Hermann Emminghaus (20 May 1845 - 17 February 1904) was a German psychiatrist who was a native of Weimar. He was a pioneer of child and adolescent psychology, and a founder of developmental psychopathology.

He studied medicine at the Universities of Göttingen and Jena, obtaining his medical doctorate in 1869. Afterwards he was an assistant to Carl Gerhardt (1833–1902), who was director of the medical clinic in Jena. From 1874 to 1880 he worked at the University of Würzburg, where he was an assistant to Franz von Rinecker (1811–1883).

In 1880 Emminghaus was appointed to the first chair of psychiatry at the Imperial University of Dorpat. When he left Dorpat in 1886, his position was filled by Emil Kraepelin (1856–1926).

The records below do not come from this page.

-- ===== src/Text/Laws.antt =====
-- Laws of the string functions.
use mathlib.Core.Path.{subst}
use mathlib.Core.List.{reverse, reverse-reverse, reverse-cons}
use lightweight_saas_backend.Prelude.{
  ℕ, ◌≤◌, ◌<◌, ◌≡◌, refl, ◌≢◌, ◌↔◌, true, false, none, some, [], ◌∷◌, ◌++◌, arith, ◌==◌, Bool-cases,
  inl, inr, Option-cases, length, All, All-append,
}
use lightweight_saas_backend.Text.{
  Text, text_eq, len, is_space, trim_left, trim_space, cut, strip_prefix,
}

pub text_eq_refl : (s : Text) → text_eq s s ≡ true
unfolding text_eq
text_eq_refl [] = refl
text_eq_refl (a ∷ s) = ground (arith, text_eq_refl s)

text_eq_sound : (s t : Text) → text_eq s t ≡ true → s ≡ t
unfolding text_eq
text_eq_sound [] [] h = refl
text_eq_sound [] (b ∷ t) h = cc
text_eq_sound (a ∷ s) [] h = cc
text_eq_sound (a ∷ s) (b ∷ t) h = ground (arith, text_eq_sound s t)

pub text_eq_iff : (s t : Text) → (text_eq s t ≡ true) ↔ (s ≡ t)
text_eq_iff s t = (text_eq_sound s t, λ e. subst (λ u. text_eq s u ≡ true) e (text_eq_refl s))

pub text_ne : (s t : Text) → s ≢ t → text_eq s t ≡ false
text_ne s t ne = ground (arith, text_eq_iff s t)

-- A byte that the text does not hold.
abbrev pub Lacks : ℕ → Text → Type 0
Lacks sep = All (λ c. c ≢ sep)

pub cut-append :
    (sep : ℕ) (before after : Text)
    → Lacks sep before
    → cut sep (before ++ sep ∷ after) ≡ some (before, after)
unfolding cut
cut-append sep [] after h = ground arith
cut-append sep (c ∷ before) after h = ground (arith, cut-append sep before after h.1)

pub cut-eq-none : (sep : ℕ) (s : Text) → Lacks sep s → cut sep s ≡ none
unfolding cut
cut-eq-none sep [] h = refl
cut-eq-none sep (c ∷ s) h = ground (arith, cut-eq-none sep s h.1)

pub cut_sound :
    (sep : ℕ) (s before after : Text)
    → cut sep s ≡ some (before, after)
    → (s ≡ before ++ sep ∷ after) × Lacks sep before
unfolding cut
cut_sound sep [] before after h = cc
cut_sound sep (c ∷ s) before after h = elim (Bool-cases (c == sep)) [
  | inl e ↦ ground arith
  | inr e ↦ elim (Option-cases (cut sep s)) [
    | inl missed ↦ ground arith
    | inr (parts, found) ↦ ground (arith, cut_sound sep s parts.0 parts.1)
  ]
]

pub strip_prefix-append : (p s : Text) → strip_prefix p (p ++ s) ≡ some s
unfolding strip_prefix
strip_prefix-append [] s = refl
strip_prefix-append (a ∷ p) s = ground (arith, strip_prefix-append p s)

pub strip_prefix_sound : (p s rest : Text) → strip_prefix p s ≡ some rest → s ≡ p ++ rest
unfolding strip_prefix
strip_prefix_sound [] s rest h = ground arith
strip_prefix_sound (a ∷ p) [] rest h = cc
strip_prefix_sound (a ∷ p) (b ∷ s) rest h = ground (arith, strip_prefix_sound p s rest)

-- All code points are ASCII.
abbrev pub IsAscii : Text → Type 0
IsAscii = All (λ c. c < 0x80)

pub len_of_IsAscii : (s : Text) → IsAscii s → len s ≡ length s
unfolding len
len_of_IsAscii [] h = refl
len_of_IsAscii (c ∷ s) h = ground (arith, len_of_IsAscii s h.1)

pub length-le-len : (s : Text) → length s ≤ len s
unfolding len
length-le-len [] = omega arith
length-le-len (c ∷ s) = ground (arith, length-le-len s)

-- No white space anywhere.
abbrev pub NoSpace : Text → Type 0
NoSpace = All (λ c. is_space c ≡ false)

trim_left_of_NoSpace : (s : Text) → NoSpace s → trim_left s ≡ s
unfolding trim_left
trim_left_of_NoSpace [] h = refl
trim_left_of_NoSpace (c ∷ s) h = rw h.0

reverse-NoSpace : (s : Text) → NoSpace s → NoSpace (reverse s)
reverse-NoSpace [] h = tt
reverse-NoSpace (c ∷ s) h =
    rw reverse-cons (All-append _ (reverse s) (c ∷ []) (reverse-NoSpace s h.1) (h.0, tt))

pub trim_space_of_NoSpace : (s : Text) → NoSpace s → trim_space s ≡ s
unfolding trim_space
trim_space_of_NoSpace s h =
    rw (trim_left_of_NoSpace s h, trim_left_of_NoSpace (reverse s) (reverse-NoSpace s h))
      (reverse-reverse s)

In 1886 Emminghaus became a professor of psychiatry at the University of Freiburg, where he instituted a new regimen of treatment for mental patients, including a "no-restraint policy".

His best known written works are a book on general psychopathology called Allgemeine Psychopathologie zur Einführung in das Studium der Geistesstörungen, and a publication on childhood mental illness titled Die psychischen Störungen des Kindesalters. Since 1984 the "Hermann Emminghaus Prize" is awarded every two years in recognition of outstanding scientific work performed in the fields of child and adolescent psychiatry.

== Selected writings ==
- Über hysterisches Irresein: Ein Beitrag zur Pathogenese der Geisteskrankheiten (dissertation University of Jena) 1870.-- On hysterical madness: a contribution to the pathogenesis of mental diseases.
- Allgemeine Psychopathologie zur Einführung in das Studium der Geistesstörungen, 1878.-- General psychopathology as an introduction to the study of mental disorders.
- Über den Werth des klinischen Unterrichts in der Psychiatrie, Dorpat 1881.-- On the value of clinical training in psychiatry.
- Die psychischen Störungen des Kindesalters in: Gerhardt's "Handbuch der Kinderkrankheiten", Bd. VIII, Tübingen 1887, – Mental disorders of childhood.